▸ About this exercise:
Reproduce exactly the lines of the material beneath, from the line that contains "apart (relative_paths xs)" to the line that contains "by_relative-append m [] ys = refl", both included, and no other lines.

********

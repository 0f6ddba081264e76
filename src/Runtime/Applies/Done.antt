-- ===== src/Runtime/Applies/Done.antt =====
-- internal/runtime/apply.go: the files behind a plan that is applied without an error.
use sbox_manager.Common.{
  Bool-cases, Distinct, List, Member, Option, Option-cases, String, [], ap, arith, eq_iff, eq_refl,
  false, has, inl, inr, insert, lookup, lookup-insert, map, none, refl, some, success, true, ◌==◌,
  ◌∙◌, ◌∷◌, ◌≡◌,
}
use sbox_manager.Runtime.Applies.{
  apply_change, apply_changes, apply_plan, build_applied_manifest, write_file_atomic,
  write_manifest,
}
use sbox_manager.Runtime.Applies.Steps.{
  Leaves, apply_change_done, effect, lookup-without_path, write_file_atomic_done,
}
use sbox_manager.Runtime.Model.{
  Action, ApplyResult, Change, Codec, Disk, Plan, create, delete, no_change, update,
}
use sbox_manager.Runtime.Plans.{has_changes}

pub apart :
    (ps : List String) (p q : String) → has ps p ≡ false → has ps q ≡ true → (p == q) ≡ false
apart ps p q h k = elim (Bool-cases (p == q)) [
  | inr e ↦ e
  | inl e ↦ let bad = rw ((eq_iff p q).0 e) at h in cc
]

module _ {B : Type 0} where
  abbrev pub effects : List (Change B) → List (String × B) → List (String × B)
  effects [] files = files
  effects (c ∷ cs) files = effects cs (effect c files)

  apply_changes_done :
      (generated : String) (cs : List (Change B)) (disk : Disk B)
      → (apply_changes generated cs disk).1 ≡ none
      → Leaves disk (effects cs disk.files) (apply_changes generated cs disk).0
  unfolding apply_changes
  apply_changes_done generated [] disk h = (refl, refl)
  apply_changes_done generated (c ∷ cs) disk h =
      let after_one = (apply_change generated c disk).0 in
      elim (Option-cases (apply_change generated c disk).1) [
        | inr (text, e) ↦ let bad = rw (e, apply_changes) at h in cc
        | inl e ↦
            let (files, readable) = apply_change_done generated c disk e in
            let (last, still) =
              apply_changes_done generated cs after_one (rw (e, apply_changes) at h) in
            rw (e, apply_changes) (last ∙ ap (effects cs) files, still ∙ readable)
      ]

  abbrev pub paths_of : List (Change B) → List String
  paths_of = map (λ (c : Change B). c.file.path)

  lookup-effect_other :
      (c : Change B) (path : String) (files : List (String × B))
      → (c.file.path == path) ≡ false
      → lookup path (effect c files) ≡ lookup path files
  lookup-effect_other c path files other = by_action c.action refl
    where
      by_action : (a : Action) → c.action ≡ a → lookup path (effect c files) ≡ lookup path files
      by_action create e =
          rw e (rw (lookup-insert c.file.path path c.contents files) (rw other refl))
      by_action update e =
          rw e (rw (lookup-insert c.file.path path c.contents files) (rw other refl))
      by_action delete e = rw e (rw (lookup-without_path c.file.path path files) (rw other refl))
      by_action no_change e = rw e refl

  pub lookup-effects_other :
      (cs : List (Change B)) (path : String) (files : List (String × B))
      → has (paths_of cs) path ≡ false
      → lookup path (effects cs files) ≡ lookup path files
  lookup-effects_other [] path files h = refl
  lookup-effects_other (c ∷ cs) path files h =
      lookup-effects_other cs path (effect c files) (ground arith)
      ∙ lookup-effect_other c path files (ground arith)

  -- What a change leaves at its path.
  abbrev pub left_by : Change B → Option B → Option B
  left_by c o = elim c.action [
    | create ↦ some c.contents
    | update ↦ some c.contents
    | delete ↦ none
    | no_change ↦ o
  ]

  lookup-effect_self :
      (c : Change B) (files : List (String × B))
      → lookup c.file.path (effect c files) ≡ left_by c (lookup c.file.path files)
  lookup-effect_self c files = by_action c.action refl
    where
      by_action :
          (a : Action)
          → c.action ≡ a
          → lookup c.file.path (effect c files) ≡ left_by c (lookup c.file.path files)
      by_action create e = rw e (
          rw (lookup-insert c.file.path c.file.path c.contents files)
            (rw (eq_refl c.file.path) refl))
      by_action update e = rw e (
          rw (lookup-insert c.file.path c.file.path c.contents files)
            (rw (eq_refl c.file.path) refl))
      by_action delete e =
          rw e
            (rw (lookup-without_path c.file.path c.file.path files) (rw (eq_refl c.file.path) refl))
      by_action no_change e = rw e refl

  pub paths-Member :
      (c : Change B) (cs : List (Change B)) → Member c cs → has (paths_of cs) c.file.path ≡ true
  paths-Member c [] m = elim m [ ]
  paths-Member c (x ∷ xs) (inl e) = rw e (rw (eq_refl x.file.path) refl)
  paths-Member c (x ∷ xs) (inr m) = ground (arith, paths-Member c xs m)

  -- Where no two changes are of one path, each leaves its own at its path.
  pub lookup-effects :
      (c : Change B) (cs : List (Change B)) (files : List (String × B))
      → Distinct (paths_of cs)
      → Member c cs
      → lookup c.file.path (effects cs files) ≡ left_by c (lookup c.file.path files)
  lookup-effects c [] files d m = elim m [ ]
  lookup-effects c (x ∷ xs) files (fresh, d) (inl e) =
      rw e (lookup-effects_other xs x.file.path (effect x files) fresh ∙ lookup-effect_self x files)
  lookup-effects c (x ∷ xs) files (fresh, d) (inr m) =
      let other = apart (paths_of xs) x.file.path c.file.path fresh (paths-Member c xs m) in
      lookup-effects c xs (effect x files) d m
      ∙ ap (left_by c) (lookup-effect_other x c.file.path files other)

-- A plan with changes that is applied leaves the files of its changes and the new manifest.
pub apply_plan_done :
    {B : Type 0} (codec : Codec B) (plan : Plan B) (now : String) (disk : Disk B) (r : ApplyResult)
    → has_changes plan ≡ true
    → (apply_plan codec plan now disk).1 ≡ success r
    → Leaves disk
        (insert plan.manifest_path
          (codec.encode_manifest (build_applied_manifest plan now))
          (effects plan.changes disk.files))
        (apply_plan codec plan now disk).0
unfolding apply_plan write_manifest
apply_plan_done codec plan now disk r e h =
    let generated = plan.generated_dir in
    let middle = (apply_changes generated plan.changes disk).0 in
    let m = codec.encode_manifest (build_applied_manifest plan now) in
    elim (Option-cases (apply_changes generated plan.changes disk).1) [
      | inr (text, f) ↦ let bad = rw (e, f, apply_plan) at h in cc
      | inl f ↦ elim (Option-cases (write_file_atomic plan.manifest_path m middle).1) [
        | inr (text, g) ↦ let bad = rw (e, f, g, apply_plan) at h in cc
        | inl g ↦
            let (files, readable) = apply_changes_done generated plan.changes disk f in
            let (last, still) = write_file_atomic_done plan.manifest_path m middle g in
            rw (e, f, apply_plan) (last ∙ ap (insert plan.manifest_path m) files, still ∙ readable)
      ]
    ]
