-- ===== src/Runtime/Applies/Entries.antt =====
-- internal/runtime: files by their relative path, the maps of plan.go and apply.go.
use sbox_manager.Common.{
  ==_comm, All, Bool-cases, Distinct, List, Member, String, [], ap, arith, eq_iff, eq_refl, has,
  inl, inr, insert, lookup, lookup-insert, map, refl, some, true, ◌==◌, ◌||◌, ◌∷◌, ◌≡◌,
}
use sbox_manager.Runtime.Applies.Done.{apart}
use sbox_manager.Runtime.Model.{ManifestFile}
use sbox_manager.Runtime.Plans.{by_relative}

abbrev pub Entry : Type 0
Entry = String × ManifestFile

abbrev pub values : List Entry → List ManifestFile
values = map (λ (e : Entry). e.1)

abbrev keys : List Entry → List String
keys = map (λ (e : Entry). e.0)

abbrev Keyed : List Entry → Type 0
Keyed = All (λ (e : Entry). e.1.relative_path ≡ e.0)

-- What holds of all values and of the new value holds of all values.
All-insert :
    (P : ManifestFile → Type 0) (k : String) (f : ManifestFile) (m : List Entry)
    → P f
    → All P (values m)
    → All P (values (insert k f m))
All-insert P k f [] h hs = (h, tt)
All-insert P k f ((j, g) ∷ m) h (hg, hs) = elim (Bool-cases (j == k)) [
  | inl e ↦ rw e (h, hs)
  | inr e ↦ rw e (hg, All-insert P k f m h hs)
]

pub All-by_relative :
    (P : ManifestFile → Type 0) (m : List Entry) (fs : List ManifestFile)
    → All P fs
    → All P (values m)
    → All P (values (by_relative m fs))
unfolding by_relative
All-by_relative P m [] h hs = hs
All-by_relative P m (f ∷ fs) (hf, h) hs =
    All-by_relative P (insert f.relative_path f m) fs h (All-insert P f.relative_path f m hf hs)

Keyed-insert : (f : ManifestFile) (m : List Entry) → Keyed m → Keyed (insert f.relative_path f m)
Keyed-insert f [] h = (refl, tt)
Keyed-insert f ((j, g) ∷ m) (hg, hs) = elim (Bool-cases (j == f.relative_path)) [
  | inl e ↦ rw e (refl, hs)
  | inr e ↦ rw e (hg, Keyed-insert f m hs)
]

has-keys-insert :
    (k j : String) (f : ManifestFile) (m : List Entry)
    → has (keys (insert k f m)) j ≡ (k == j || has (keys m) j)
has-keys-insert k j f [] = refl
has-keys-insert k j f ((i, g) ∷ m) =
    ground (arith, eq_iff k j, eq_iff i k, eq_iff i j, has-keys-insert k j f m)

Distinct-insert :
    (k : String) (f : ManifestFile) (m : List Entry)
    → Distinct (keys m)
    → Distinct (keys (insert k f m))
Distinct-insert k f [] h = (refl, tt)
Distinct-insert k f ((j, g) ∷ m) (fresh, h) = elim (Bool-cases (j == k)) [
  | inl e ↦ rw e (rw ((eq_iff j k).0 e) at fresh, h)
  | inr e ↦
      rw e (rw (has-keys-insert k j f m) (rw (==_comm k j) (rw e fresh)), Distinct-insert k f m h)
]

-- Each value stands at its relative path, and each path once.
by_relative-keys :
    (m : List Entry) (fs : List ManifestFile)
    → Keyed m
    → Distinct (keys m)
    → Keyed (by_relative m fs) × Distinct (keys (by_relative m fs))
unfolding by_relative
by_relative-keys m [] h d = (h, d)
by_relative-keys m (f ∷ fs) h d =
    by_relative-keys (insert f.relative_path f m) fs (Keyed-insert f m h)
      (Distinct-insert f.relative_path f m d)

Member-keys :
    (g : ManifestFile) (m : List Entry)
    → Keyed m
    → Member g (values m)
    → has (keys m) g.relative_path ≡ true
Member-keys g [] h m = elim m [ ]
Member-keys g ((j, f) ∷ m) (hf, h) (inl e) = rw (e, hf, eq_refl j) refl
Member-keys g ((j, f) ∷ m) (hf, h) (inr n) = ground (arith, Member-keys g m h n)

lookup-Member :
    (g : ManifestFile) (m : List Entry)
    → Keyed m
    → Distinct (keys m)
    → Member g (values m)
    → lookup g.relative_path m ≡ some g
lookup-Member g [] h d n = elim n [ ]
lookup-Member g ((j, f) ∷ m) (hf, h) (fresh, d) (inl e) = rw e (rw (hf, eq_refl j) refl)
lookup-Member g ((j, f) ∷ m) (hf, h) (fresh, d) (inr n) =
    let other = apart (keys m) j g.relative_path fresh (Member-keys g m h n) in
    rw other (lookup-Member g m h d n)

pub Member-lookup :
    (k : String) (f : ManifestFile) (m : List Entry) → lookup k m ≡ some f → Member f (values m)
Member-lookup k f [] h = let bad = h in cc
Member-lookup k f ((j, g) ∷ m) h = elim (Bool-cases (j == k)) [
  | inl e ↦ inl (cc (rw e at h))
  | inr e ↦ inr (Member-lookup k f m (rw e at h))
]

-- The files that share the relative path of a file are that file.
abbrev pub Agree : ManifestFile → List ManifestFile → Type 0
Agree f = All (λ (g : ManifestFile). (g.relative_path == f.relative_path) ≡ true → g ≡ f)

lookup-by_relative_kept :
    (f : ManifestFile) (m : List Entry) (fs : List ManifestFile)
    → Agree f fs
    → lookup f.relative_path m ≡ some f
    → lookup f.relative_path (by_relative m fs) ≡ some f
unfolding by_relative
lookup-by_relative_kept f m [] a h = h
lookup-by_relative_kept f m (g ∷ fs) (ag, a) h =
    lookup-by_relative_kept f (insert g.relative_path g m) fs a (
      rw (lookup-insert g.relative_path f.relative_path g m)
        (elim (Bool-cases (g.relative_path == f.relative_path)) [
          | inl e ↦ rw e (ap some (ag e))
          | inr e ↦ rw e h
        ]))

pub lookup-by_relative :
    (f : ManifestFile) (m : List Entry) (fs : List ManifestFile)
    → Agree f fs
    → Member f fs
    → lookup f.relative_path (by_relative m fs) ≡ some f
unfolding by_relative
lookup-by_relative f m [] a n = elim n [ ]
lookup-by_relative f m (g ∷ fs) (ag, a) (inl e) =
    lookup-by_relative_kept f (insert g.relative_path g m) fs a (
      rw (lookup-insert g.relative_path f.relative_path g m)
        (rw (← e) (rw (eq_refl f.relative_path) refl)))
lookup-by_relative f m (g ∷ fs) (ag, a) (inr n) =
    lookup-by_relative f (insert g.relative_path g m) fs a n

-- What is at the path of a file is the only value with that path.
pub Agree-values :
    (f : ManifestFile) (fs : List ManifestFile)
    → lookup f.relative_path (by_relative [] fs) ≡ some f
    → Agree f (values (by_relative [] fs))
Agree-values f fs h =
    let (keyed, distinct) = by_relative-keys [] fs tt tt in
    from_members (values (by_relative [] fs)) λ g n e.
      let here = lookup-Member g (by_relative [] fs) keyed distinct n in
      let same = ap (λ (k : String). lookup k (by_relative [] fs)) ((eq_iff _ _).0 e) in
      cc (here, same, h)
  where
    from_members :
        (gs : List ManifestFile)
        → ((g : ManifestFile) → Member g gs → (g.relative_path == f.relative_path) ≡ true → g ≡ f)
        → Agree f gs
    from_members [] h = tt
    from_members (g ∷ gs) h = (h g (inl refl), from_members gs (λ x n. h x (inr n)))
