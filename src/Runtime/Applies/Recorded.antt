-- ===== src/Runtime/Applies/Recorded.antt =====
-- internal/runtime/apply.go: what `buildAppliedManifest` records.
use mathlib.Core.Path.{subst}
use sbox_manager.Common.{
  All, All-append, All-sort_stable, Ascending, Bool, Bool-cases, Distinct, List, Member, Member-map,
  Member-sort_stable, Option, Option-cases, String, [], ap, arith, eq_iff, eq_refl, false, has,
  if◌then◌else◌, inl, inr, insert, keep, lookup, lookup-insert, map, none, not, refl, some,
  sort_stable, sym, text_lt, true, ◌&&◌, ◌++◌, ◌==◌, ◌∷◌, ◌≡◌,
}
use sbox_manager.Domain.Refs.Resolved.{All-map}
use sbox_manager.Runtime.Applies.{applied_files, file_of, kept_files, put_hashes}
use sbox_manager.Runtime.Applies.Done.{apart}
use sbox_manager.Runtime.Applies.Entries.{
  Agree, Agree-values, All-by_relative, Entry, Member-lookup, lookup-by_relative, values,
}
use sbox_manager.Runtime.Manifests.{
  earlier_path, sort_manifest_files, validate_files, validate_manifest, validate_manifest_file,
}
use sbox_manager.Runtime.Model.{DesiredFile, ManifestFile, Plan, RuntimeManifest}
use sbox_manager.Runtime.Plans.{
  by_relative, files_of, in_target_scope, obsolete, relative_paths, text_at,
}

abbrev pub Valid : String → ManifestFile → Type 0
Valid generated f = validate_manifest_file f generated ≡ none

-- Valid files in ascending order are accepted.
validate_files-some :
    (generated : String) (p : ManifestFile) (fs : List ManifestFile)
    → All (Valid generated) fs
    → Ascending earlier_path (p ∷ fs)
    → validate_files generated (some p.relative_path) fs ≡ none
unfolding validate_files
validate_files-some generated p [] h a = refl
validate_files-some generated p (f ∷ fs) (ok, h) (order, a) =
    rw (ok, validate_files) (rw order (validate_files-some generated f fs h a))

pub validate_files-none :
    (generated : String) (fs : List ManifestFile)
    → All (Valid generated) fs
    → Ascending earlier_path fs
    → validate_files generated none fs ≡ none
unfolding validate_files
validate_files-none generated [] h a = refl
validate_files-none generated (f ∷ fs) (ok, h) a =
    rw (ok, validate_files) (validate_files-some generated f fs h a)

-- The files of a manifest that is accepted are.
pub validate_files-Valid :
    (generated : String) (previous : Option String) (fs : List ManifestFile)
    → validate_files generated previous fs ≡ none
    → All (Valid generated) fs
unfolding validate_files
validate_files-Valid generated previous [] h = tt
validate_files-Valid generated previous (f ∷ fs) h =
    elim (Option-cases (validate_manifest_file f generated)) [
      | inr (text, e) ↦ let bad = rw (e, validate_files) at h in cc
      | inl e ↦ (
        e,
        validate_files-Valid generated (some f.relative_path) fs
            (by_previous previous (rw (e, validate_files) at h)),
      )
    ]
  where
    by_previous :
        (q : Option String)
        → (elim q [
          | none ↦ validate_files generated (some f.relative_path) fs
          | some p ↦
              if text_lt f.relative_path p
              then some "files must be sorted stably by relative_path"
              else validate_files generated (some f.relative_path) fs
        ])
          ≡ none
        → validate_files generated (some f.relative_path) fs ≡ none
    by_previous none k = k
    by_previous (some p) k = ground arith

pub validate_manifest-Valid :
    (m : RuntimeManifest) (generated : String)
    → validate_manifest m generated ≡ none
    → All (Valid generated) m.files
unfolding validate_manifest
validate_manifest-Valid m generated h = validate_files-Valid generated none m.files (ground arith)

module _ {B : Type 0} (plan : Plan B) where
  abbrev pub wanted_files : List ManifestFile
  wanted_files = map file_of plan.desired_files

  kept_unscoped :
      All
        (λ (f : ManifestFile).
          in_target_scope plan.full_scope plan.target_scope f.instance_name ≡ false)
        (kept_files plan)
  unfolding kept_files
  kept_unscoped = elim (Bool-cases plan.full_scope) [
    | inl e ↦ rw e tt
    | inr e ↦ rw e (all_kept _ (files_of plan.existing))
  ]
    where
      all_kept :
          (p : ManifestFile → Bool) (fs : List ManifestFile)
          → All (λ (f : ManifestFile). p f ≡ false) (keep (λ (f : ManifestFile). not (p f)) fs)
      all_kept p [] = tt
      all_kept p (f ∷ fs) = elim (Bool-cases (p f)) [
        | inl e ↦ rw e (all_kept p fs)
        | inr e ↦ rw e (e, all_kept p fs)
      ]

  -- What holds of the kept files and of the desired ones holds of the recorded ones.
  pub All-applied_files :
      (P : ManifestFile → Type 0)
      → All P (kept_files plan)
      → All P wanted_files
      → All P (sort_manifest_files (applied_files plan))
  unfolding applied_files sort_manifest_files
  All-applied_files P kept wanted =
      All-sort_stable earlier_path P (values (by_relative [] (kept_files plan ++ wanted_files))) (
        All-by_relative P [] (kept_files plan ++ wanted_files)
          (All-append P (kept_files plan) wanted_files kept wanted) tt)

  -- A file of the scope that is recorded is desired, so nothing recorded is obsolete.
  obsolete-none :
      (fs : List ManifestFile)
      → All
          (λ (f : ManifestFile).
            (in_target_scope plan.full_scope plan.target_scope f.instance_name
              && not (has (relative_paths plan.desired_files) f.relative_path))
            ≡ false)
          fs
      → obsolete plan.full_scope plan.target_scope plan.desired_files fs ≡ []
  unfolding obsolete
  obsolete-none [] h = refl
  obsolete-none (f ∷ fs) (e, h) = rw (e, obsolete) (obsolete-none fs h)

  wanted_known :
      (ds all : List (DesiredFile B))
      → ((d : DesiredFile B) → Member d ds → has (relative_paths all) d.file.relative_path ≡ true)
      → All
          (λ (f : ManifestFile).
            (in_target_scope plan.full_scope plan.target_scope f.instance_name
              && not (has (relative_paths all) f.relative_path))
            ≡ false)
          (map file_of ds)
  wanted_known [] all h = tt
  wanted_known (d ∷ ds) all h =
      (ground (arith, h d (inl refl)), wanted_known ds all (λ x m. h x (inr m)))

  relative-Member :
      (d : DesiredFile B) (ds : List (DesiredFile B))
      → Member d ds
      → has (relative_paths ds) d.file.relative_path ≡ true
  relative-Member d [] m = elim m [ ]
  relative-Member d (x ∷ xs) (inl e) = rw e (rw (eq_refl x.file.relative_path) refl)
  relative-Member d (x ∷ xs) (inr m) = ground (arith, relative-Member d xs m)

  pub applied_files-obsolete :
      obsolete plan.full_scope plan.target_scope plan.desired_files
        (sort_manifest_files (applied_files plan))
      ≡ []
  applied_files-obsolete = obsolete-none (sort_manifest_files (applied_files plan)) (
      All-applied_files _ (All-map (λ f e. ground (arith, e)) (kept_files plan) kept_unscoped) (
        wanted_known plan.desired_files plan.desired_files
          (λ d m. relative-Member d plan.desired_files m)))

  fresh-Agree :
      (f : ManifestFile) (ds : List (DesiredFile B))
      → has (relative_paths ds) f.relative_path ≡ false
      → Agree f (map file_of ds)
  fresh-Agree f [] h = tt
  fresh-Agree f (d ∷ ds) h =
      (λ same. let bad : ⊥ = ground (arith, same) in absurd bad, fresh-Agree f ds (ground arith))

  desired-Agree :
      (d : DesiredFile B) (ds : List (DesiredFile B))
      → Distinct (relative_paths ds)
      → Member d ds
      → Agree d.file (map file_of ds)
  desired-Agree d [] h m = tt
  desired-Agree d (x ∷ xs) (fresh, h) (inl e) = (
    λ same. ap file_of (sym e),
    subst (λ (y : DesiredFile B). Agree y.file (map file_of xs)) (sym e)
        (fresh-Agree x.file xs fresh),
  )
  desired-Agree d (x ∷ xs) (fresh, h) (inr m) = (
    λ same.
        let other =
          apart (relative_paths xs) x.file.relative_path d.file.relative_path fresh
            (relative-Member d xs m) in
        cc (same, other),
    desired-Agree d xs h m,
  )

by_relative-append :
    (m : List Entry) (xs ys : List ManifestFile)
    → by_relative m (xs ++ ys) ≡ by_relative (by_relative m xs) ys
unfolding by_relative
by_relative-append m [] ys = refl
by_relative-append m (x ∷ xs) ys = by_relative-append (insert x.relative_path x m) xs ys

-- A desired file is what the recorded manifest has at its relative path.
pub applied_files-Member :
    {B : Type 0} (plan : Plan B) (d : DesiredFile B)
    → Distinct (relative_paths plan.desired_files)
    → Member d plan.desired_files
    → lookup d.file.relative_path (by_relative [] (sort_manifest_files (applied_files plan)))
      ≡ some d.file
unfolding sort_manifest_files applied_files
applied_files-Member plan d distinct m =
    let wanted = map file_of plan.desired_files in
    let all = kept_files plan ++ wanted in
    let found : lookup d.file.relative_path (by_relative [] all) ≡ some d.file =
      rw (by_relative-append [] (kept_files plan) wanted) (
        lookup-by_relative d.file (by_relative [] (kept_files plan)) wanted
          (desired-Agree plan d plan.desired_files distinct m)
          (Member-map file_of d plan.desired_files m)) in
    lookup-by_relative d.file [] (sort_stable earlier_path (values (by_relative [] all)))
      (All-sort_stable earlier_path _ (values (by_relative [] all)) (Agree-values d.file all found))
      (Member-sort_stable earlier_path d.file (values (by_relative [] all))
        (Member-lookup d.file.relative_path d.file (by_relative [] all) found))

module _ {B : Type 0} (hashes : List (String × String)) where
  put_hashes-kept :
      (name : String) (ds : List (DesiredFile B)) (m : List (String × String))
      → lookup name m ≡ some (text_at name hashes)
      → lookup name (put_hashes hashes ds m) ≡ some (text_at name hashes)
  unfolding put_hashes
  put_hashes-kept name [] m h = h
  put_hashes-kept name (d ∷ ds) m h =
      let other = d.file.instance_name in
      let v = text_at other hashes in
      put_hashes-kept name ds (insert other v m) (
        rw (lookup-insert other name v m) (elim (Bool-cases (other == name)) [
          | inl e ↦ rw e (ap (λ (x : String). some (text_at x hashes)) ((eq_iff other name).0 e))
          | inr e ↦ rw e h
        ]))

  -- The hash of a desired file's instance is recorded.
  pub put_hashes-Member :
      (d : DesiredFile B) (ds : List (DesiredFile B)) (m : List (String × String))
      → Member d ds
      → lookup d.file.instance_name (put_hashes hashes ds m)
        ≡ some (text_at d.file.instance_name hashes)
  unfolding put_hashes
  put_hashes-Member d [] m n = elim n [ ]
  put_hashes-Member d (x ∷ xs) m (inl e) = rw e (
      put_hashes-kept x.file.instance_name xs
        (insert x.file.instance_name (text_at x.file.instance_name hashes) m)
        (rw
          (lookup-insert x.file.instance_name x.file.instance_name
            (text_at x.file.instance_name hashes) m)
          (rw (eq_refl x.file.instance_name) refl)))
  put_hashes-Member d (x ∷ xs) m (inr n) =
      put_hashes-Member d xs (insert x.file.instance_name (text_at x.file.instance_name hashes) m) n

********

▸ Output of the exercise:
          apart (relative_paths xs) x.file.relative_path d.file.relative_path fresh
            (relative-Member d xs m) in
        cc (same, other),
    desired-Agree d xs h m,
  )

by_relative-append :
    (m : List Entry) (xs ys : List ManifestFile)
    → by_relative m (xs ++ ys) ≡ by_relative (by_relative m xs) ys
unfolding by_relative
by_relative-append m [] ys = refl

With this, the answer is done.